2. Hormone measurement
In primary hypocorticism, blood and urine cortisol, urine 17-hydroxysteroid decrease, and ACTH level increase. In patients with parathyroidism, blood thyroid hormone (PTH) is undetectable or significantly reduced. Primary hypogonadotropic hypogonadotropic patients blood follicle stimulating hormone (FSH), luteinizing hormone (LH) increased, estradiol (E2) and testosterone levels decreased or undetectable, 17-keto steroid levels decreased.
3. Pituitary hormone excitation target gland test
The test has the most diagnostic value. Blood cortisol is not elevated in primary hypoadrenocorticism after AcTH injection. In primary hypogonadotropic hypogonadotropic hypogonadotropic hypogonadotropic hypogonadotropic hypogonadotropic hypogonadotropic hypogonadotropic hypogonadotropic hypogonadism, blood cortisol does not rise after injection of AcTH.
4. Measurement of anti-endocrine gland antibodies in blood
Measurement of anti-adrenal antibodies, anti-islet cell antibodies, anti-insulin antibodies, pancreatic islet 63.49 ku (64 kd) antibodies, parathyroid antibodies, anti-thyroid antibodies, anti-gastric lining cell antibodies, and antibodies to endoglandular factors can help in the etiologic diagnosis.
5. CT or MRI
Diagnosis
Diagnosis can be made on the basis of etiology, clinical manifestations and laboratory tests.
Treatment
The main measure of treatment is hormone replacement therapy to correct the insufficient hormone secretion.

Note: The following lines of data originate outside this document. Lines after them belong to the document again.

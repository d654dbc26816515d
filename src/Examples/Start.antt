-- ===== src/Examples/Start.antt =====
-- An environment of production, and a request to an internal route in it.
use pureplay_analytics_inges.Prelude.{
  ◌≤◌, ◌≡◌, refl, Option, true, false, none, some, ◌++◌, Text, codes, text_eq, truthy, ℤ, pos,
  length, if◌then◌else◌,
}
use pureplay_analytics_inges.Platform.Sample.{plain}
use pureplay_analytics_inges.Auth.{
  Request, Config, hmac_mode, allowed, internal_can_activate, check_bearer, bearer, same_bytes,
}
use pureplay_analytics_inges.Auth.Bearer.{HasToken}
use pureplay_analytics_inges.Environment.{
  Env, production, validate, parse_credentials, parse_settings, refinement_issues,
  production_issues, mode_issues,
}
use pureplay_analytics_inges.Environment.Production.{IsGuarded, validate-IsGuarded}
use pureplay_analytics_inges.Environment.Guards.{internal_can_activate-validate}
use pureplay_analytics_inges.Examples.Vendors.{clear_text, clear_text-IsSafe}

abbrev long_secret : Text
long_secret = codes "0123456789abcdef0123456789abcdef"

abbrev variables : Config
variables name =
    if text_eq name (codes "NODE_ENV")
    then some (codes "production")
    else if text_eq name (codes "DATABASE_URL")
    then some (codes "d")
    else if text_eq name (codes "REDIS_URL")
    then some (codes "r")
    else if text_eq name (codes "WEBHOOK_AUTH_MODE")
    then some (codes "hmac")
    else if text_eq name (codes "PROSWING_HMAC_SECRET")
    then some long_secret
    else if text_eq name (codes "INTERNAL_API_KEY")
    then some long_secret
    else if text_eq name (codes "CORS_ORIGIN")
    then some (codes "https://app.example.com")
    else none

abbrev ones : Text → Option ℤ
ones t = some (pos 1)

abbrev environment : Env
environment = record {
  credentials = record {
    trackpro_api_key = none;
    swingmetric_api_key = none;
    proswing_api_key = none;
    trackpro_hmac_secret = none;
    swingmetric_hmac_secret = none;
    proswing_hmac_secret = some long_secret;
    internal_api_key = some long_secret;
  };
  settings = record {
    node_env = production;
    database_url = codes "d";
    redis_url = codes "r";
    port = pos 3000;
    webhook_auth_mode = hmac_mode;
    queue_name = codes "shot-ingestion";
    max_queue_depth = pos 10000;
    worker_concurrency = pos 16;
    run_migrations = false;
    otel_service_name = codes "pureplay-analytics-ingest";
    otel_exporter_otlp_endpoint = none;
    db_pool_max = pos 20;
    cors_origin = codes "https://app.example.com";
    throttle_enabled = true;
  };
}

starts : validate ones variables ≡ some environment
unfolding validate parse_credentials parse_settings refinement_issues production_issues mode_issues
    text_eq truthy
starts = refl

validate-IsGuarded_example : IsGuarded environment
validate-IsGuarded_example = validate-IsGuarded ones variables environment starts refl

abbrev bearer_request : Request
bearer_request = record {
  handler_vendor = none;
  class_vendor = none;
  header = λ name.
      if text_eq name (codes "authorization") then some (codes "Bearer " ++ long_secret) else none;
  raw_body = none;
}

let_in : internal_can_activate clear_text variables bearer_request ≡ allowed
unfolding internal_can_activate check_bearer bearer truthy same_bytes text_eq
let_in = refl

internal_can_activate-validate_example :
    (key : Text) × (32 ≤ length key)
    × HasToken clear_text clear_text-IsSafe variables bearer_request key
unfolding text_eq
internal_can_activate-validate_example =
    internal_can_activate-validate clear_text clear_text-IsSafe variables bearer_request ones
      variables environment starts refl refl let_in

1. Treatment of hypothyroidism
(1) General treatment: Supplement iron, vitamin B12, folic acid, etc. For loss of appetite, supplement dilute hydrochloric acid.
(2) Replacement therapy TH replacement therapy. Levothyroxine (L-T4, Letrox, Euthyrox), take at once, adjust the dosage according to the measurement of thyroid function after 2 to 3 months for long-term maintenance. Dry thyroid, take at once, adjust the dosage according to thyroid function measurement after 2~3 months for long-term maintenance.

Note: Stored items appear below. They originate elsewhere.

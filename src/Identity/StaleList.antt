-- ===== src/Identity/StaleList.antt =====
-- The list cache of src/identity/identity.service.ts after a link.
use pureplay_analytics_inges.Prelude.{
  ◌≡◌, refl, false, some, List, Text, text_eq, text_eq_refl, ℤ, arith,
}
use pureplay_analytics_inges.Domain.Shot.{Vendor, vendor_eq_iff}
use pureplay_analytics_inges.Database.{IdentityRow}
use pureplay_analytics_inges.World.{World, identities}
use pureplay_analytics_inges.Identity.{
  identity_list_cache_key, identities_of, mapping, link_identity, list_by_canonical_user,
}
use pureplay_analytics_inges.Identity.Keys.{identity_list_cache_key_eq, key-ne-list_key}
use pureplay_analytics_inges.Identity.Mapping.{mapping-link_transaction}

module _ {N : Type 0} where
  -- After a link, whatever was cached, a list of the new canonical user is what the table then
  -- has for it.
  pub list-link_identity :
      (v : Vendor) (u c actor reader : Text) (now : ℤ) (w : World N)
      → (list_by_canonical_user c reader (link_identity v u c actor now w).1).0
        ≡ identities_of c (link_identity v u c actor now w).1.db.user_identities
  unfolding link_identity list_by_canonical_user
  list-link_identity v u c actor reader now w =
      ground (arith, identity_list_cache_key_eq c c, text_eq_refl c, key-ne-list_key v u c)

  -- After a link of a vendor user, a list of any other canonical user that was cached is served
  -- as it was cached, though the table now maps the vendor user to the new one.
  pub list-link_identity_moved :
      (v : Vendor) (u old c actor reader : Text) (now : ℤ) (w : World N) (rows : List IdentityRow)
      → text_eq c old ≡ false
      → w.redis (identity_list_cache_key old) ≡ some (identities rows)
      → ((list_by_canonical_user old reader (link_identity v u c actor now w).1).0 ≡ rows)
        × (mapping v u (link_identity v u c actor now w).1.db.user_identities ≡ some c)
  unfolding link_identity list_by_canonical_user
  list-link_identity_moved v u old c actor reader now w rows other cached = (
    ground (arith, identity_list_cache_key_eq c old, key-ne-list_key v u old),
    ground (
      arith,
      mapping-link_transaction v v u u c actor now w.db,
      text_eq_refl u,
      (vendor_eq_iff v v).1 refl,
    ),
  )
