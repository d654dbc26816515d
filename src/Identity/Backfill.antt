-- ===== src/Identity/Backfill.antt =====
-- The backfill of src/identity/identity.service.ts after a link.
use pureplay_analytics_inges.Prelude.{
  ◌≡◌, refl, sym, ap, Bool, none, text_eq, text_eq_iff, Option-cases, if◌then◌else◌, true, false,
  some, List, [], ◌∷◌, Text, arith, inl, inr, Bool-cases, update_where,
}
use pureplay_analytics_inges.Domain.Shot.{NormalisedShot, Vendor, vendor_eq, vendor_eq_iff}
use pureplay_analytics_inges.Database.{Database}
use pureplay_analytics_inges.Identity.{lacks_canonical, backfill}

module _ {N : Type 0} (v : Vendor) (u c : Text) where
  abbrev pub given : NormalisedShot N → NormalisedShot N
  given s = record s { canonical_user_id = some c }

  -- One shot before and after: a shot of the vendor's user that has no canonical user gets the linked
  -- one and keeps all else, and any other shot is as it was.
  pub data IsBackfilled (row after : NormalisedShot N) : Type 0 where
    linked :
        row.vendor ≡ v
        → row.vendor_user_id ≡ u
        → row.canonical_user_id ≡ none
        → after ≡ given row
        → IsBackfilled row after
    of_other_vendor : ¬ (row.vendor ≡ v) → after ≡ row → IsBackfilled row after
    of_other_user : ¬ (row.vendor_user_id ≡ u) → after ≡ row → IsBackfilled row after
    has_canonical :
        (d : Text) → row.canonical_user_id ≡ some d → after ≡ row → IsBackfilled row after

  -- Two tables, row by row in one order.
  abbrev pub AreBackfilled : List (NormalisedShot N) → List (NormalisedShot N) → Type 0
  AreBackfilled [] [] = Unit
  AreBackfilled (row ∷ rows) (after ∷ afters) = IsBackfilled row after × AreBackfilled rows afters
  AreBackfilled _ _ = ⊥

  IsBackfilled-row :
      (row : NormalisedShot N)
      → IsBackfilled row (if lacks_canonical v u row then given row else row)
  IsBackfilled-row row = elim (Bool-cases (vendor_eq v row.vendor)) [
    | inr e ↦ rw e (
        IsBackfilled.of_other_vendor (λ h. absurd (cc ((vendor_eq_iff v row.vendor).1 (sym h), e)))
          refl)
    | inl e ↦ elim (Bool-cases (text_eq u row.vendor_user_id)) [
      | inr f ↦
          rw (e, f)
            (IsBackfilled.of_other_user
              (λ h. absurd (cc ((text_eq_iff u row.vendor_user_id).1 (sym h), f))) refl)
      | inl f ↦ elim (Option-cases row.canonical_user_id) [
        | inl g ↦
            IsBackfilled.linked (sym ((vendor_eq_iff v row.vendor).0 e))
              (sym ((text_eq_iff u row.vendor_user_id).0 f)) g
              (chosen true (ground (arith, e, f, g)))
        | inr (d, g) ↦ IsBackfilled.has_canonical d g (chosen false (ground (arith, e, f, g)))
      ]
    ]
  ]
    where
      chosen :
          (b : Bool)
          → lacks_canonical v u row ≡ b
          → (if lacks_canonical v u row then given row else row) ≡ (if b then given row else row)
      chosen b h = ap (λ b. if b then given row else row) h

  update_where-AreBackfilled :
      (rows : List (NormalisedShot N))
      → AreBackfilled rows (update_where (lacks_canonical v u) given rows)
  update_where-AreBackfilled [] = tt
  update_where-AreBackfilled (row ∷ rows) = (IsBackfilled-row row, update_where-AreBackfilled rows)

  -- The backfill of a link gives each shot of its vendor and vendor user that has no canonical
  -- user the linked one and changes nothing else of it, and leaves every shot of another
  -- vendor, of another vendor user or with a canonical user, and every other table, as it was,
  -- in the same order.
  pub backfill_complete :
      (db : Database N)
      → AreBackfilled db.shots (backfill v u c db).shots
        × (backfill v u c db ≡ record db { shots = (backfill v u c db).shots })
  unfolding backfill
  backfill_complete db = (update_where-AreBackfilled db.shots, refl)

(3) Treatment of mucous edema coma Intravenous L-T3, changed to oral when patient is awake. Those without injections are given T4 tablets or dry thyroid, administered via gastric tube and changed to conventional replacement therapy when awake. Appropriate fluid replacement and etiologic therapy.

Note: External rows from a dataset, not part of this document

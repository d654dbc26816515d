-- ===== src/Examples/Users.antt =====
-- The identity modules on a user "ann" of a vendor, linked to "c1" and then to "c2".
use pureplay_analytics_inges.Prelude.{
  ℕ, ◌≡◌, refl, false, Option, none, some, [], ◌∷◌, codes, text_eq, pos, arith, inl,
}
use pureplay_analytics_inges.Domain.Shot.{trackpro, vendor_text}
use pureplay_analytics_inges.Database.{Database, IdentityRow}
use pureplay_analytics_inges.World.{World, identities, cache_set}
use pureplay_analytics_inges.Identity.{
  identity_list_cache_key, mapping, identities_of, resolve_canonical_user_id, link_identity,
  list_by_canonical_user, unlink_identity,
}
use pureplay_analytics_inges.Identity.Coherence.{resolve-link_identity, resolve-unlink_identity}
use pureplay_analytics_inges.Identity.StaleList.{list-link_identity, list-link_identity_moved}
use pureplay_analytics_inges.Identity.History.{start, next, linked, Inv, resolve-Reach}
use pureplay_analytics_inges.Examples.Samples.{empty_tables, new_world, one_shot}
use pureplay_analytics_inges.Identity.{backfill}
use pureplay_analytics_inges.Identity.Backfill.{AreBackfilled, backfill_complete}

abbrev ann_row : IdentityRow
ann_row = record {
  id = 1;
  vendor = trackpro;
  vendor_user_id = codes "ann";
  canonical_user_id = codes "c1";
  created_at = pos 1;
  updated_at = pos 1;
}

abbrev linked_tables : Database ℕ
linked_tables = record empty_tables { user_identities = ann_row ∷ [] }

-- The table has the link, and the list of "c1" is cached.
abbrev linked_world : World ℕ
linked_world = record new_world {
  db = linked_tables;
  redis =
      cache_set (identity_list_cache_key (codes "c1")) (identities (ann_row ∷ [])) new_world.redis;
}

resolve-link_identity_example :
    (resolve_canonical_user_id
      (vendor_text trackpro)
      (codes "ann")
      (link_identity trackpro (codes "ann") (codes "c2") (codes "ops") (pos 2) linked_world).1).0
    ≡ some (codes "c2")
resolve-link_identity_example =
    resolve-link_identity trackpro (codes "ann") (codes "c2") (codes "ops") (pos 2) linked_world

abbrev unlinked_or : Option (World ℕ) → World ℕ
unlinked_or none = new_world
unlinked_or (some w) = w

abbrev unlinked_world : World ℕ
unlinked_world =
    unlinked_or (unlink_identity trackpro (codes "ann") (codes "c1") (codes "ops") linked_world)

unlinks :
    unlink_identity trackpro (codes "ann") (codes "c1") (codes "ops") linked_world
    ≡ some unlinked_world
unfolding unlink_identity text_eq
unlinks = refl

resolve-unlink_identity_example :
    (resolve_canonical_user_id (vendor_text trackpro) (codes "ann") unlinked_world).0 ≡ none
resolve-unlink_identity_example =
    resolve-unlink_identity trackpro (codes "ann") (codes "c1") (codes "ops") linked_world
      unlinked_world (tt, tt) unlinks

list-link_identity_example :
    (list_by_canonical_user
      (codes "c2")
      (codes "ops")
      (link_identity trackpro (codes "ann") (codes "c2") (codes "ops") (pos 2) linked_world).1).0
    ≡ identities_of
        (codes "c2")
        (link_identity trackpro
          (codes "ann")
          (codes "c2")
          (codes "ops")
          (pos 2)
          linked_world).1.db.user_identities
list-link_identity_example =
    list-link_identity trackpro (codes "ann") (codes "c2") (codes "ops") (codes "ops") (pos 2)
      linked_world

different : text_eq (codes "c2") (codes "c1") ≡ false
unfolding text_eq
different = refl

list_is_cached :
    linked_world.redis (identity_list_cache_key (codes "c1")) ≡ some (identities (ann_row ∷ []))
unfolding identity_list_cache_key text_eq
list_is_cached = refl

list-link_identity_moved_example :
    ((list_by_canonical_user
        (codes "c1")
        (codes "ops")
        (link_identity trackpro (codes "ann") (codes "c2") (codes "ops") (pos 2) linked_world).1).0
      ≡ ann_row ∷ [])
    × (mapping trackpro
          (codes "ann")
          (link_identity trackpro
            (codes "ann")
            (codes "c2")
            (codes "ops")
            (pos 2)
            linked_world).1.db.user_identities
        ≡ some (codes "c2"))
list-link_identity_moved_example =
    list-link_identity_moved trackpro (codes "ann") (codes "c1") (codes "c2") (codes "ops")
      (codes "ops") (pos 2) linked_world (ann_row ∷ []) different list_is_cached

new-Inv : Inv new_world
unfolding mapping
new-Inv = record { coherent = λ v u. inl refl; names = λ v u c h. ground arith; keyed = tt }

resolve-Reach_example :
    (resolve_canonical_user_id
      (vendor_text trackpro)
      (codes "ann")
      (link_identity trackpro (codes "ann") (codes "c2") (codes "ops") (pos 2) new_world).1).0
    ≡ mapping trackpro
        (codes "ann")
        (link_identity trackpro
          (codes "ann")
          (codes "c2")
          (codes "ops")
          (pos 2)
          new_world).1.db.user_identities
resolve-Reach_example =
    resolve-Reach new_world
      (link_identity trackpro (codes "ann") (codes "c2") (codes "ops") (pos 2) new_world).1 trackpro
      (codes "ann") new-Inv
      (next start (linked trackpro (codes "ann") (codes "c2") (codes "ops") (pos 2) refl))

backfill_complete_example :
    AreBackfilled trackpro
      (codes "ann")
      (codes "c1")
      one_shot.shots
      (backfill trackpro (codes "ann") (codes "c1") one_shot).shots
    × (backfill trackpro (codes "ann") (codes "c1") one_shot
        ≡ record one_shot { shots = (backfill trackpro (codes "ann") (codes "c1") one_shot).shots })
backfill_complete_example = backfill_complete trackpro (codes "ann") (codes "c1") one_shot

2. Treatment of secondary hypogonadism
Male patients can be treated with gonadotropin analogs, such as human chorionic gonadotropin or human menopausal gonadotropin. During testosterone replacement therapy, the side effects of the drugs should be noted, such as aromatization of testosterone to estradiol in vivo, which changes the serum testosterone to estradiol ratio and may result in breast tenderness or feminization of the male mammary glands; exogenous testosterone may inhibit the release of gonadotropins and spermatogenesis in the testes, so it should be used with caution in infertile secondary hypogonadotropic patients. Liver function and blood erythrocytes should be tested periodically during treatment.
However, patients with multiple defects (e.g., adrenocortical insufficiency combined with diabetic interactions can complicate treatment) should be observed for the emergence of another glandular defect in subsequent years, gonadal failure is not effectively treated with gonadotropins, and chronic mucocutaneous candidiasis is usually insensitive to treatment, and the immunosuppressant cyclosporine may be beneficial in some patients in the early stages of endocrine failure.